# Master Carbon?



## Guest (Jan 22, 2007)

I would love to get my hands on a Master X light but seeing as it has been discontinued I am considering getting a Master carbon.

I would have liked to build up the Master light as a nice century bike, something for long solo soul riding probably with Chorus and new (and tasteful) wheels.

The carbon rear triangle is not something I really want, so I may hold out for something on Ebay but the 'lights' seem to come around like a blue moon.
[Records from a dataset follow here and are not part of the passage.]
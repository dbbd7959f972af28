-- ===== src/Merkle/MerklePath/Addresses.antt =====
-- merkle/merkle_path.go: the two functions that the server calls, with their guards.
use trillian.Prelude.{
  ℕ, zero, suc, ◌-◌, ◌/◌, ◌%◌, [], ◌∷◌, ◌++◌, Outcome, ok, err, out_of_fuel, ◌>>=◌, ◌>>◌, Bool,
  false, not, ◌==◌, if◌then◌else◌,
}
use trillian.Prelude.Int.{ℤ, pos, pos_part, ltb_ℤ}
use trillian.Merkle.MerklePath.{
  Error, snapshot_below_one, snapshot_past_tree, index_past_snapshot, negative_index,
  bad_max_bit_len, snapshots_out_of_order, Fetches, tree_coords, fetch_of,
  path_from_node_to_root_at_snapshot,
}

-- `if cond { return err }`
abbrev refuse_if : Bool → Error → Outcome Error (Unit {0})
refuse_if cond e = if cond then err e else ok tt

abbrev pub check_snapshot : ℤ → ℤ → Outcome Error (Unit {0})
check_snapshot ss tree_size =
    refuse_if (ltb_ℤ ss (pos 1)) snapshot_below_one
    >> refuse_if (ltb_ℤ tree_size ss) snapshot_past_tree

-- Behind the guards the arguments are not negative, and `pos_part` is their value.
unfoldable pub calc_inclusion_proof_node_addresses : ℤ → ℤ → ℤ → ℤ → Fetches
calc_inclusion_proof_node_addresses snapshot index tree_size max_bit_len =
    (check_snapshot snapshot tree_size
      >> refuse_if (not (ltb_ℤ index snapshot)) index_past_snapshot
      >> refuse_if (ltb_ℤ index (pos 0)) negative_index
      >> refuse_if (ltb_ℤ max_bit_len (pos 1)) bad_max_bit_len)
    >>= λ _.
        path_from_node_to_root_at_snapshot (pos_part snapshot) (pos_part tree_size)
          (pos_part max_bit_len) (pos_part index) 0

-- The first loop of snapshotConsistency: the node and the level that it stops at.
unfoldable pub left_climb : ℕ → ℕ → ℕ → Outcome Error (ℕ × ℕ)
left_climb zero node level = out_of_fuel
left_climb (suc f) node level =
    let rest = left_climb f (node / 2) (suc level) in
    if node % 2 == 0 then ok (node, level) else rest

unfoldable pub snapshot_consistency : ℕ → ℕ → ℕ → ℕ → Fetches
snapshot_consistency snapshot1 snapshot2 tree_size max_bit_len =
    if snapshot1 == snapshot2 then ok [] else (do
      top ← left_climb snapshot1 (snapshot1 - 1) 0
      first ←
          if top.0 == 0
          then ok []
          else (do n ← tree_coords max_bit_len top.1 top.0; ok (fetch_of false n ∷ []))
      p ← path_from_node_to_root_at_snapshot snapshot2 tree_size max_bit_len top.0 top.1
      ok (first ++ p))

unfoldable pub calc_consistency_proof_node_addresses : ℤ → ℤ → ℤ → ℤ → Fetches
calc_consistency_proof_node_addresses snapshot1 snapshot2 tree_size max_bit_len =
    (check_snapshot snapshot1 tree_size
      >> check_snapshot snapshot2 tree_size
      >> refuse_if (ltb_ℤ snapshot2 snapshot1) snapshots_out_of_order
      >> refuse_if (ltb_ℤ max_bit_len (pos 1)) bad_max_bit_len)
    >>= λ _.
        snapshot_consistency (pos_part snapshot1) (pos_part snapshot2) (pos_part tree_size)
          (pos_part max_bit_len)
If anyone has a Master Carbon I would like their honest opinion.

Cheers.


----------



## tmluk (Sep 19, 2005)

If you are interested in an all-steel Colnago Master, you still can get it in Europe, UK for sure. I think WindWave (distributor) in UK is supplying dealers with all-steel Master frames.
http://www.windwave.co.uk/colnago_index.html
See "Master X-Light" on the left.

Good luck. IMHO, all steel Colnago is way more beautiful.


----------



## Guest (Jan 23, 2007)

tmluk said:


> If you are interested in an all-steel Colnago Master, you still can get it in Europe, UK for sure. I think WindWave (distributor) in UK is supplying dealers with all-steel Master frames.
> http://www.windwave.co.uk/colnago_index.html
> See "Master X-Light" on the left.
> 
> Good luck. IMHO, all steel Colnago is way more beautiful.


Thanks. I searched around and found a couple of places with them available. I also tried Maestro but they said they only deal with the Benelux distributor who do not follow the all steel master.
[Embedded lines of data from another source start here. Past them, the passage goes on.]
-- ===== src/Merkle/MerklePath/Ends.antt =====
-- merkle/merkle_path.go: the loops end, so the fuel of the model is enough.
use trillian.Prelude.{
  ℕ, zero, suc, ◌+◌, ◌-◌, ◌/◌, ◌%◌, ◌^◌, ◌<◌, List, [], ◌∷◌, Outcome, ok, err, ◌>>=◌, Bool, true,
  false, not, ◌&&◌, ltb, ◌==◌, if◌then◌else◌, ◌||◌, ◌≡◌, arith, Bool-cases, refl, inl, inr,
}
use trillian.Prelude.Int.{ℤ, pos, negsuc, ltb_ℤ, pos_part}
use trillian.Storage.NodeId
use trillian.Merkle.BitLen.{bit_len}
use trillian.Storage.NodeId.{NodeId, new_empty_node_id, coords_node_id, new_node_id_for_tree_coords}
use trillian.Merkle.MerklePath.{
  NodeFetch, Error, tree_coords, coords_result, sibling_id_skip_levels, skip_missing_levels,
  xor_one, mismatched, check_recomputation, Rehashing, rehash_node, rehash_loop, rehash_from,
  climb_loop, recompute_past_snapshot, sibling_fetches, path_loop,
  path_from_node_to_root_at_snapshot,
}
use trillian.Merkle.MerklePath.Addresses.{
  check_snapshot, calc_inclusion_proof_node_addresses, calc_consistency_proof_node_addresses,
  left_climb, snapshot_consistency,
}

-- A call that returns a value or an error: it does not panic and does not use up its fuel.
pub data Ends {ℓ κ} {E : Type ℓ} {A : Type κ} : Outcome E A → Type (ℓ ⊔ κ) where
  with_ok : {a : A} → Ends (ok a)
  with_err : {e : E} → Ends (err e)

pub Ends-bind {ℓ κ λ'} :
    {E : Type ℓ} {A : Type κ} {B : Type λ'} {m : Outcome E A} {k : A → Outcome E B}
    → Ends m
    → ((a : A) → Ends (k a))
    → Ends (m >>= k)
Ends-bind (with_ok {a}) next = next a
Ends-bind with_err next = with_err

pub Ends-if {ℓ κ} :
    {E : Type ℓ} {A : Type κ} (c : Bool) {m n : Outcome E A}
    → Ends m
    → Ends n
    → Ends (if c then m else n)
Ends-if true first second = first
Ends-if false first second = second

Ends-guard {ℓ κ} :
    {E : Type ℓ} {A : Type κ} (b c : Bool) (e : E) {m : Outcome E A}
    → (c ≡ false → Ends m)
    → Ends (if b || c then err e else m)
Ends-guard true c e rest = with_err
Ends-guard false true e rest = with_err
Ends-guard false false e rest = rest refl

new_empty_node_id-Ends : (max : ℕ) → not (max % 8 == 0) ≡ false → Ends (new_empty_node_id max)
unfolding new_empty_node_id
new_empty_node_id-Ends max bytes = rw bytes with_ok

coords_node_id-Ends : (level node max : ℕ) → Ends (coords_node_id level node max)
unfolding coords_node_id
coords_node_id-Ends level node max =
    Ends-guard (ltb max (bit_len node + level)) (not (max % 8 == 0)) _
      (λ bytes. Ends-bind (new_empty_node_id-Ends max bytes) (λ r. with_ok))

coords_result-Ends : {m : Outcome NodeId.Error NodeId} → Ends m → Ends (coords_result m)
coords_result-Ends with_ok = with_ok
coords_result-Ends with_err = with_err

tree_coords-Ends : (max level node : ℕ) → Ends (tree_coords max level node)
unfolding new_node_id_for_tree_coords
tree_coords-Ends max level node = coords_result-Ends (coords_node_id-Ends level node max)

sibling_id_skip_levels-Ends :
    (snapshot last level node max : ℕ) → Ends (sibling_id_skip_levels snapshot last level node max)
unfolding sibling_id_skip_levels
sibling_id_skip_levels-Ends snapshot last level node max =
    let found = skip_missing_levels snapshot last level node in tree_coords-Ends max found.0 found.1

check_recomputation-Ends : (fs : List NodeFetch) → Ends (check_recomputation fs)
unfolding check_recomputation
check_recomputation-Ends [] = with_err
check_recomputation-Ends (f ∷ []) = Ends-if f.rehash with_err with_ok
check_recomputation-Ends (f ∷ g ∷ fs) = Ends-if (mismatched f.rehash (g ∷ fs)) with_err with_ok

refusal-Ends : (c : Bool) (e : Error) → Ends {A = Unit {0}} (if c then err e else ok tt)
refusal-Ends c e = Ends-if c with_err with_ok

check_snapshot-Ends : (ss tree_size : ℤ) → Ends (check_snapshot ss tree_size)
check_snapshot-Ends ss tree_size =
    Ends-bind (refusal-Ends (ltb_ℤ ss (pos 1)) _) (λ _. refusal-Ends (ltb_ℤ tree_size ss) _)

module _ (snapshot tree_size node_level max : ℕ) where
  rehash_node-Ends :
      (saved : NodeId) (level last at : ℕ) (s : Rehashing snapshot tree_size node_level max)
      → Ends (rehash_node snapshot tree_size node_level max saved level last at s)
  unfolding rehash_node
  rehash_node-Ends saved level last at s = Ends-if (last % 2 == 0) with_ok (
      Ends-bind (sibling_id_skip_levels-Ends snapshot at level (xor_one (last - 1)) max)
        (λ n. with_ok))

  rehash_loop-Ends :
      (f : ℕ) (saved : NodeId) (level last at : ℕ) (s : Rehashing snapshot tree_size node_level max)
      → last < f
      → Ends (rehash_loop snapshot tree_size node_level max f saved level last at s)
  unfolding rehash_loop
  rehash_loop-Ends zero saved level last at s enough = absurd (omega arith)
  rehash_loop-Ends (suc f) saved level last at s enough = elim (Bool-cases (last == 0)) [
    | inl done ↦ rw done with_ok
    | inr going ↦ rw going (
        Ends-bind (rehash_node-Ends saved level last at s) (λ t.
          Ends-if (node_level == suc level && not t.sub_root_emitted) with_ok (
            Ends-if (suc level == node_level) with_ok
              (rehash_loop-Ends f saved (suc level) (last / 2) (at / 2) t (ground arith)))))
  ]

  rehash_from-Ends :
      (level last at : ℕ) → Ends (rehash_from snapshot tree_size node_level max level last at)
  unfolding rehash_from
  rehash_from-Ends level last at =
      Ends-bind (sibling_id_skip_levels-Ends snapshot at level (xor_one last) max) (λ saved.
        Ends-if (node_level == level) with_ok
          (rehash_loop-Ends (suc last) saved level last at _ (omega arith)))

  climb_loop-Ends :
      (f level last at : ℕ)
      → last < f
      → Ends (climb_loop snapshot tree_size node_level max f level last at)
  unfolding climb_loop
  climb_loop-Ends zero level last at enough = absurd (omega arith)
  climb_loop-Ends (suc f) level last at enough = elim (Bool-cases (last % 2 == 0)) [
    | inl left ↦ rw left (rehash_from-Ends level last at)
    | inr right ↦ rw right (
        Ends-if (node_level == level)
          (Ends-bind (sibling_id_skip_levels-Ends snapshot at level (last - 1) max) (λ n. with_ok))
          (climb_loop-Ends f (suc level) (last / 2) (at / 2) (ground arith)))
  ]

  recompute_past_snapshot-Ends :
      0 < snapshot → Ends (recompute_past_snapshot snapshot tree_size node_level max)
  unfolding recompute_past_snapshot
  recompute_past_snapshot-Ends some_leaf = Ends-if (snapshot == tree_size) with_ok (
      Ends-if (ltb tree_size snapshot) with_err
        (climb_loop-Ends snapshot 0 (snapshot - 1) (tree_size - 1) (omega arith)))

module _ (snapshot tree_size max : ℕ) where
  sibling_fetches-Ends :
      (node level last : ℕ)
      → 0 < snapshot
      → Ends (sibling_fetches snapshot tree_size max node level last)
  unfolding sibling_fetches
  sibling_fetches-Ends node level last some_leaf =
      Ends-if (ltb (xor_one node) last)
        (Ends-bind (tree_coords-Ends max level (xor_one node)) (λ n. with_ok))
        (Ends-if (xor_one node == last)
          (Ends-if (snapshot == tree_size)
            (Ends-bind (sibling_id_skip_levels-Ends snapshot last level node max) (λ n. with_ok))
            (Ends-bind (recompute_past_snapshot-Ends snapshot tree_size level max some_leaf)
              (λ fs. Ends-bind (check_recomputation-Ends fs) (λ _. with_ok))))
          with_ok)

  path_loop-Ends :
      (f node level last : ℕ)
      → 0 < snapshot
      → last < f
      → Ends (path_loop snapshot tree_size max f node level last)
  unfolding path_loop
  path_loop-Ends zero node level last some_leaf enough = absurd (omega arith)
  path_loop-Ends (suc f) node level last some_leaf enough = elim (Bool-cases (last == 0)) [
    | inl done ↦ rw done with_ok
    | inr going ↦ rw going (
        Ends-bind (sibling_fetches-Ends node level last some_leaf) (λ here.
          Ends-bind (path_loop-Ends f (node / 2) (suc level) (last / 2) some_leaf (ground arith))
            (λ above. with_ok)))
  ]

  path_from_node_to_root_at_snapshot-Ends :
      (node level : ℕ) → Ends (path_from_node_to_root_at_snapshot snapshot tree_size max node level)
  unfolding path_from_node_to_root_at_snapshot
  path_from_node_to_root_at_snapshot-Ends node level = elim (Bool-cases (snapshot == 0)) [
    | inl empty ↦ rw empty with_ok
    | inr some_leaf ↦ rw some_leaf (
        path_loop-Ends (suc ((snapshot - 1) / 2 ^ level)) node level ((snapshot - 1) / 2 ^ level)
          (ground arith) (omega arith))
  ]

-- Whatever its arguments, CalcInclusionProofNodeAddresses returns a value or an error: it does not
-- panic, and the fuel of its loops is enough.
pub calc_inclusion_proof_node_addresses-Ends :
    (snapshot index tree_size max_bit_len : ℤ)
    → Ends (calc_inclusion_proof_node_addresses snapshot index tree_size max_bit_len)
unfolding calc_inclusion_proof_node_addresses
calc_inclusion_proof_node_addresses-Ends snapshot index tree_size max_bit_len =
    Ends-bind
      (Ends-bind
        (Ends-bind
          (Ends-bind (check_snapshot-Ends snapshot tree_size)
            (λ _. refusal-Ends (not (ltb_ℤ index snapshot)) _))
          (λ _. refusal-Ends (ltb_ℤ index (pos 0)) _))
        (λ _. refusal-Ends (ltb_ℤ max_bit_len (pos 1)) _))
      (λ _.
        path_from_node_to_root_at_snapshot-Ends (pos_part snapshot) (pos_part tree_size)
          (pos_part max_bit_len) (pos_part index) 0)

left_climb-Ends : (f node level : ℕ) → node < f → Ends (left_climb f node level)
unfolding left_climb
left_climb-Ends zero node level enough = absurd (omega arith)
left_climb-Ends (suc f) node level enough = elim (Bool-cases (node % 2 == 0)) [
  | inl left ↦ rw left with_ok
  | inr right ↦ rw right (left_climb-Ends f (node / 2) (suc level) (ground arith))
]

snapshot_consistency-Ends :
    (n snapshot2 tree_size max : ℕ) → Ends (snapshot_consistency (suc n) snapshot2 tree_size max)
unfolding snapshot_consistency
snapshot_consistency-Ends n snapshot2 tree_size max = Ends-if (suc n == snapshot2) with_ok (
    Ends-bind (left_climb-Ends (suc n) (suc n - 1) 0 (omega arith)) (λ top.
      Ends-bind
        (Ends-if (top.0 == 0) with_ok (Ends-bind (tree_coords-Ends max top.1 top.0) (λ n. with_ok)))
        (λ first.
          Ends-bind (path_from_node_to_root_at_snapshot-Ends snapshot2 tree_size max top.0 top.1)
            (λ p. with_ok))))

-- Whatever its arguments, CalcConsistencyProofNodeAddresses returns a value or an error: it does
-- not panic, and the fuel of its loops is enough.
pub calc_consistency_proof_node_addresses-Ends :
    (snapshot1 snapshot2 tree_size max_bit_len : ℤ)
    → Ends (calc_consistency_proof_node_addresses snapshot1 snapshot2 tree_size max_bit_len)
unfolding calc_consistency_proof_node_addresses
calc_consistency_proof_node_addresses-Ends (negsuc m) snapshot2 tree_size max_bit_len =
    let refused : ltb_ℤ (negsuc m) (pos 1) ≡ true = ground arith in rw refused with_err
calc_consistency_proof_node_addresses-Ends (pos zero) snapshot2 tree_size max_bit_len = with_err
calc_consistency_proof_node_addresses-Ends (pos (suc n)) snapshot2 tree_size max_bit_len =
    Ends-bind
      (Ends-bind
        (Ends-bind
          (Ends-bind (check_snapshot-Ends (pos (suc n)) tree_size)
            (λ _. check_snapshot-Ends snapshot2 tree_size))
          (λ _. refusal-Ends (ltb_ℤ snapshot2 (pos (suc n))) _))
        (λ _. refusal-Ends (ltb_ℤ max_bit_len (pos 1)) _))
      (λ _.
        snapshot_consistency-Ends n (pos_part snapshot2) (pos_part tree_size)
          (pos_part max_bit_len))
Windwave said they could order one and it would take 10 weeks. They said that they are not available for stock but only for special order. Looks like they will cost a fair wack also.


----------



## T-shirt (Aug 15, 2004)

the_rydster said:


> Thanks. I searched around and found a couple of places with them available. I also tried Maestro but they said they only deal with the Benelux distributor who do not follow the all steel master.
> 
> Windwave said they could order one and it would take 10 weeks. They said that they are not available for stock but only for special order. Looks like they will cost a fair wack also.


I hope that I am not sending you on a "wild goose chase", but have you thought about Japan? http://www.colnago.co.jp/products/road/master_x_light/index.html Their MXL's appear to come standard with steel forks.

Best of luck to you,
Tshirt


----------



## terry b (Jan 29, 2004)

The Master is back as an all-steel bike. I think the Master Carbon was discontinued after 06 due to paltry sales. 
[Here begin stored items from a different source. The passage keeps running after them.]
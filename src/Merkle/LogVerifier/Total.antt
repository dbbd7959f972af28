-- ===== src/Merkle/LogVerifier/Total.antt =====
-- merkle/log_verifier.go: the checks end, without a panic, whatever the proof is.
use trillian.Prelude.{
  ℕ, zero, suc, ◌+◌, ◌-◌, ◌<◌, List, [], ◌∷◌, Bytes, Outcome, Bool, true, false, not, length,
  get_elem?, ltb, leb, ◌==◌, if◌then◌else◌, bytes_equal, or_panic, ◌≡◌, refl, inl, inr, arith,
  Bool-cases, Option-cases,
}
use trillian.Prelude.Int.{ℤ, pos, negsuc}
use trillian.Merkle.Common.{parent, is_right_child}
use trillian.Merkle.MerklePath.Ends.{Ends, with_ok, with_err, Ends-bind, Ends-if}
use trillian.Merkle.LogVerifier.{
  Error, climb, fold_sibling, inclusion_loop, root_from_inclusion_proof, verify_inclusion_proof,
  fold_both, older_loop, newer_loop, check_newer, check_roots, check_from, check_consistency,
  verify_consistency_proof,
}

climb-Ends : (f node last : ℕ) → node < f → Ends (climb f node last)
unfolding climb
climb-Ends zero node last h = absurd (omega arith)
climb-Ends (suc f) node last h = elim (Bool-cases (is_right_child node)) [
  | inl odd ↦ rw odd (climb-Ends f (parent node) (parent last) (ground arith))
  | inr even ↦ rw even with_ok
]

-- A choice whose first branch may use that its test holds.
Ends-when :
    {E A : Type 0} (c : Bool) {m n : Outcome E A}
    → (c ≡ true → Ends m)
    → (c ≡ false → Ends n)
    → Ends (if c then m else n)
Ends-when true first second = first refl
Ends-when false first second = second refl

module _ (hc : Bytes → Bytes → Bytes) where
  inclusion_loop-Ends :
      (f i last : ℕ) (h : Bytes) (proof : List Bytes) (k : ℕ)
      → last < f
      → Ends (inclusion_loop hc f i last h proof k)
  unfolding inclusion_loop
  inclusion_loop-Ends zero i last h proof k p = absurd (omega arith)
  inclusion_loop-Ends (suc f) i last h proof k p =
      Ends-when (ltb 0 last)
        (λ more. elim (Option-cases (get_elem? proof k)) [
          | inl short ↦ rw short with_err
          | inr (e, found) ↦
              let next = fold_sibling hc i last h e k in
              rw found
                (inclusion_loop-Ends f (parent i) (parent last) next.0 proof next.1 (ground arith))
        ])
        (λ done. with_ok)

  older_loop-Ends :
      (f node last : ℕ) (h1 h2 : Bytes) (proof : List Bytes) (k : ℕ)
      → node < f
      → Ends (older_loop hc f node last h1 h2 proof k)
  unfolding older_loop
  older_loop-Ends zero node last h1 h2 proof k p = absurd (omega arith)
  older_loop-Ends (suc f) node last h1 h2 proof k p =
      Ends-when (ltb 0 node)
        (λ more. elim (Option-cases (get_elem? proof k)) [
          | inl short ↦ rw short with_err
          | inr (e, found) ↦
              let next = fold_both hc node last h1 h2 e k in
              rw found (
                older_loop-Ends f (parent node) (parent last) next.0 next.1 proof next.2
                  (ground arith))
        ])
        (λ done. with_ok)

  newer_loop-Ends :
      (f last : ℕ) (h : Bytes) (proof : List Bytes) (k : ℕ)
      → last < f
      → Ends (newer_loop hc f last h proof k)
  unfolding newer_loop
  newer_loop-Ends zero last h proof k p = absurd (omega arith)
  newer_loop-Ends (suc f) last h proof k p =
      Ends-when (ltb 0 last)
        (λ more. elim (Option-cases (get_elem? proof k)) [
          | inl short ↦ rw short with_err
          | inr (e, found) ↦
              rw found (newer_loop-Ends f (parent last) (hc h e) proof (k + 1) (ground arith))
        ])
        (λ done. with_ok)

  check_roots-Ends :
      (node last : ℕ) (root1 root2 h1 h2 : Bytes) (proof : List Bytes) (k : ℕ)
      → Ends (check_roots hc node last root1 root2 h1 h2 proof k)
  unfolding check_roots check_newer
  check_roots-Ends node last root1 root2 h1 h2 proof k =
      Ends-bind (older_loop-Ends (suc node) node last h1 h2 proof k (omega arith))
        (λ (g1, g2, end, j).
          Ends-if (bytes_equal g1 root1)
            (Ends-bind (newer_loop-Ends (suc end) end g2 proof j (omega arith)) (λ (g, used).
              Ends-if (bytes_equal g root2) (Ends-if (used == length proof) with_ok with_err)
                with_err))
            with_err)

  -- VerifyConsistencyProof returns nil or an error, whatever its arguments: it does not panic, and
  -- the fuel of its loops is enough.
  pub verify_consistency_proof-Ends :
      (snapshot1 snapshot2 : ℤ) (root1 root2 : Bytes) (proof : List Bytes)
      → Ends (verify_consistency_proof hc snapshot1 snapshot2 root1 root2 proof)
  unfolding verify_consistency_proof check_consistency check_from
  verify_consistency_proof-Ends (negsuc a) b root1 root2 proof = with_err
  verify_consistency_proof-Ends (pos a) (negsuc b) root1 root2 proof = with_err
  verify_consistency_proof-Ends (pos a) (pos b) root1 root2 proof = Ends-if (ltb b a) with_err (
      Ends-if (a == b)
        (Ends-if (not (bytes_equal root1 root2)) with_err
          (Ends-if (ltb 0 (length proof)) with_err with_ok))
        (Ends-if (a == 0) (Ends-if (ltb 0 (length proof)) with_err with_ok) (
          Ends-when (length proof == 0) (λ none. with_err)
            (λ some_proof.
              Ends-bind (climb-Ends (suc (a - 1)) (a - 1) (b - 1) (omega arith)) (λ (node, last).
                Ends-if (ltb 0 node)
                  (Ends-bind (first_element proof some_proof)
                    (λ e. check_roots-Ends node last root1 root2 e e proof 1))
                  (check_roots-Ends node last root1 root2 root1 root1 proof 0))))))
    where
      first_element :
          (proof : List Bytes)
          → (length proof == 0) ≡ false
          → Ends (or_panic {E = Error} (get_elem? proof 0))
      first_element [] h = absurd (ground arith)
      first_element (e ∷ rest) h = with_ok

  -- VerifyInclusionProof returns nil or an error, whatever its arguments: it does not panic, and the
  -- fuel of its loop is enough.
  pub verify_inclusion_proof-Ends :
      (leaf_index tree_size : ℤ) (proof : List Bytes) (root leaf_hash : Bytes)
      → Ends (verify_inclusion_proof hc leaf_index tree_size proof root leaf_hash)
  unfolding verify_inclusion_proof root_from_inclusion_proof
  verify_inclusion_proof-Ends (negsuc i) n proof root leaf_hash = with_err
  verify_inclusion_proof-Ends (pos i) (negsuc n) proof root leaf_hash = with_err
  verify_inclusion_proof-Ends (pos i) (pos n) proof root leaf_hash =
      Ends-bind
        (Ends-if (leb n i) with_err (
          Ends-bind (inclusion_loop-Ends (suc (n - 1)) i (n - 1) leaf_hash proof 0 (omega arith))
            (λ (calc, used). Ends-if (used == length proof) with_ok with_err)))
        (λ calc. Ends-if (bytes_equal calc root) with_ok with_err)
"Back by popular Demand, the Master X Light. Columbus and Colnago developed the DT15V steel tubeset for the Master in 2003. It became the lightest steel frame manufactured by Colnago.

The Master X Light delivers the classic steel ride that turns rough roads silky smooth. The master X Light was discontinued in 2005. The "Steel Is Real" crowd let their demands be known and Colnago brought back a true classic. The Master X-Light is available in 17 sizes between 49cm-65cm, and comes in 5 colors."

Wrenchscience has them here

And R&A has them here


----------



## Guest (Jan 24, 2007)

T-shirt said:


> I hope that I am not sending you on a "wild goose chase", but have you thought about Japan? http://www.colnago.co.jp/products/road/master_x_light/index.html Their MXL's appear to come standard with steel forks.
> 
> Best of luck to you,
> Tshirt


Dam you!  The steel fork look so sweet, but this opens up a can of worms becasue the site is in japanese.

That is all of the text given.